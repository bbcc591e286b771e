-- ===== src/Validate/Simulation/Reads.antt =====
-- The parts of a round of `validate`: reading a structural character, testing an atom, opening a
-- scope.
use simdjson_rs.Prelude.{
  ℕ, zero, suc, ◌+◌, ◌-◌, ◌*◌, ◌≤◌, ◌<◌, ◌≡◌, ◌≢◌, refl, ◌∙◌, ap, subst, arith, Bool, true, false,
  Option, none, some, List, [], ◌∷◌, ◌++◌, get_elem?, set, length, drop, length-append, length-set,
  get_elem?-some, get_elem?-set_self, get_elem?-set_lt, lt→ltb,
}
use simdjson_rs.Error.{Error, ErrorType, Outcome, ◌>>=◌}
use simdjson_rs.Atoms.{load, is_valid_true_atom, is_valid_false_atom, is_valid_null_atom}
use simdjson_rs.Validate.{
  Input, StackState, Frame, Machine, Flow, next_structural, update_char, memory, check_atom,
  push_scope, saved, pushed,
}
use simdjson_rs.Validate.Automaton.{Token, literal, bad, atom}
use simdjson_rs.Validate.Simulation.{Holds, Inside, Inv, Ready, Simulates, refuses}

-- Eight bytes that can be read are loaded.
load-some : (k : ℕ) (s : List ℕ) → k ≤ length s → (v : ℕ) × (load k s ≡ some v)
unfolding load
load-some zero s h = (0, refl)
load-some (suc k) [] h = absurd (omega arith)
load-some (suc k) (b ∷ s) h = let (v, e) = load-some k s (omega arith) in (b + 256 * v, rw e)

-- A test of an atom in readable memory has an answer.
abbrev HasVerdict : Option Bool → Type 0
HasVerdict v = (valid : Bool) × (v ≡ some valid)

not_none : (o : Option Bool) → o ≢ none → HasVerdict o
not_none none h = absurd (h refl)
not_none (some b) h = (b, refl)

module _ (s : List ℕ) {v c d : ℕ} (loaded : load 8 s ≡ some v) (fifth : get_elem? s 4 ≡ some c)
    (sixth : get_elem? s 5 ≡ some d) where
  true_answers : is_valid_true_atom s ≢ none
  unfolding is_valid_true_atom
  true_answers = rw (loaded, fifth) (cc)

  false_answers : is_valid_false_atom s ≢ none
  unfolding is_valid_false_atom
  false_answers = rw (loaded, sixth) (cc)

  null_answers : is_valid_null_atom s ≢ none
  unfolding is_valid_null_atom
  null_answers = rw (loaded, fifth) (cc)

answers :
    (s : List ℕ)
    → 8 ≤ length s
    → HasVerdict (is_valid_true_atom s)
      × HasVerdict (is_valid_false_atom s)
      × HasVerdict (is_valid_null_atom s)
answers s h =
    let (v, e) = load-some 8 s h in
    let (c, g) = get_elem?-some s 4 (omega arith) in
    let (d, k) = get_elem?-some s 5 (omega arith) in
    (
      not_none _ (true_answers s e g k),
      not_none _ (false_answers s e g k),
      not_none _ (null_answers s e g k),
    )

length-drop : (k : ℕ) (s : List ℕ) → length (drop k s) ≡ length s - k
length-drop zero s = omega arith
length-drop (suc k) [] = omega arith
length-drop (suc k) (x ∷ s) = omega (arith, length-drop k s)

module _ (input : Input) (n : ℕ) where
  pub answers_at :
      8 ≤ length input.behind
      → (p : ℕ) → p < length input.bytes
      → HasVerdict (is_valid_true_atom (memory input p))
        × HasVerdict (is_valid_false_atom (memory input p))
        × HasVerdict (is_valid_null_atom (memory input p))
  answers_at behind p h = answers _ (
      omega (
        arith,
        length-drop p (input.bytes ++ input.behind),
        length-append {0} input.bytes input.behind,
      ))

  module _ {m : Machine} {fs : List Frame} (inv : Inv input n m fs) where
    -- Reading a structural character.
    next-Simulates :
        (s : List ℕ) (limit : ℕ) (b : Bool) (k : Machine → Outcome Error Flow)
        → m.si ≡ s
        → (m.si ≡ [] → b ≡ false)
        → ((p : ℕ) (r : List ℕ) (c : ℕ)
            → m.si ≡ p ∷ r
            → get_elem? input.bytes p ≡ some c
            → let m' = record m { si = r; i = m.i + 1; idx = p; c = c } in
              Inv input n m' fs → Ready input n m' → Simulates input n limit (k m') b)
        → Simulates input n limit (next_structural input m s >>= k) b
    unfolding next_structural
    next-Simulates [] limit b k e at_end more = refuses (at_end e)
    next-Simulates (p ∷ r) limit b k e at_end more =
        let at : Inside input (p ∷ r) = subst (Inside input) e inv.inside in
        let (c, g) = get_elem?-some input.bytes p at.0 in
        let shorter : length m.si ≡ suc (length r) = ap length e in
        rw g (
          more p r c e g
            (record {
              depth_is = inv.depth_is;
              held = inv.held;
              stack_is = inv.stack_is;
              counts_is = inv.counts_is;
              room = omega (arith, inv.room, shorter);
              seen = omega (arith, inv.seen, shorter);
              open_at = inv.open_at;
              inside = at.1;
            })
            (record { space = omega (arith, inv.room, shorter); at = at.0 }))

    pub update_char-Simulates :
        (limit : ℕ) (b : Bool) (k : Machine → Outcome Error Flow)
        → (m.si ≡ [] → b ≡ false)
        → ((p : ℕ) (r : List ℕ) (c : ℕ)
            → m.si ≡ p ∷ r
            → get_elem? input.bytes p ≡ some c
            → let m' = record m { si = r; i = m.i + 1; idx = p; c = c } in
              Inv input n m' fs → Ready input n m' → Simulates input n limit (k m') b)
        → Simulates input n limit (update_char input m >>= k) b
    unfolding update_char
    update_char-Simulates limit b k = next-Simulates m.si limit b k refl

  -- The test of an atom.
  pub check_atom-Simulates :
      (m : Machine) (t : ErrorType) (limit : ℕ) (v : Option Bool) (k : Outcome Error Flow)
      (f : Token → Bool)
      → HasVerdict v
      → f bad ≡ false
      → Simulates input n limit k (f literal)
      → Simulates input n limit (check_atom input m t v k) (f (atom v))
  check_atom-Simulates m t limit none k f (valid, e) fails h = absurd (ground (arith, e))
  check_atom-Simulates m t limit (some true) k f _ fails h = h
  check_atom-Simulates m t limit (some false) k f _ fails h = refuses fails

  -- Opening a scope.
  Holds-set :
      (stack : List (Option Frame)) (d : ℕ) (f : Frame) (fs : List Frame)
      → length fs ≤ d
      → Holds n stack fs
      → Holds n (set stack d (some f)) fs
  Holds-set stack d f [] h held = tt
  Holds-set stack d f (g ∷ gs) h held = (
    get_elem?-set_lt stack d (length gs) (some f) (omega arith) ∙ held.0,
    held.1,
    Holds-set stack d f gs (omega arith) held.2,
  )

  module _ {m : Machine} {fs : List Frame} (s : StackState) (inv : Inv input n m fs)
      (ready : Ready input n m) where
    pub pushed-Inv : Inv input n (pushed s m) (saved s m ∷ fs)
    pushed-Inv = record {
      depth_is = omega (arith, inv.depth_is);
      held = (
        subst (λ d. get_elem? (set m.stack m.depth (some (saved s m))) d ≡ some (some (saved s m)))
            inv.depth_is
            (get_elem?-set_self m.stack m.depth (some (saved s m))
              (omega (arith, inv.stack_is, inv.room))),
        inv.open_at,
        Holds-set m.stack m.depth (saved s m) fs (omega (arith, inv.depth_is)) inv.held,
      );
      stack_is = length-set m.stack m.depth (some (saved s m)) ∙ inv.stack_is;
      counts_is = inv.counts_is;
      room = omega (arith, ready.space);
      seen = inv.seen;
      open_at = omega (arith, inv.seen);
      inside = inv.inside;
    }

    pub push_scope-Simulates :
        (limit : ℕ) (b : Bool) (k : Machine → Outcome Error Flow)
        → (Inv input n (pushed s m) (saved s m ∷ fs) → Simulates input n limit (k (pushed s m)) b)
        → Simulates input n limit (push_scope input s m >>= k) b
    unfolding push_scope
    push_scope-Simulates limit b k h =
        rw (lt→ltb m.depth (length m.stack) (omega (arith, inv.stack_is, inv.room))) (h pushed-Inv)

^^^^^^^^^^^^^^^^

Exercise
Beginning with the line containing "(s : List ℕ) (limit" and ending with the line containing "unfolding next_structural", extract those lines exactly from the listing above, and only those.

Exercise output
        (s : List ℕ) (limit : ℕ) (b : Bool) (k : Machine → Outcome Error Flow)
        → m.si ≡ s
        → (m.si ≡ [] → b ≡ false)
        → ((p : ℕ) (r : List ℕ) (c : ℕ)
            → m.si ≡ p ∷ r
            → get_elem? input.bytes p ≡ some c
            → let m' = record m { si = r; i = m.i + 1; idx = p; c = c } in
              Inv input n m' fs → Ready input n m' → Simulates input n limit (k m') b)
        → Simulates input n limit (next_structural input m s >>= k) b
    unfolding next_structural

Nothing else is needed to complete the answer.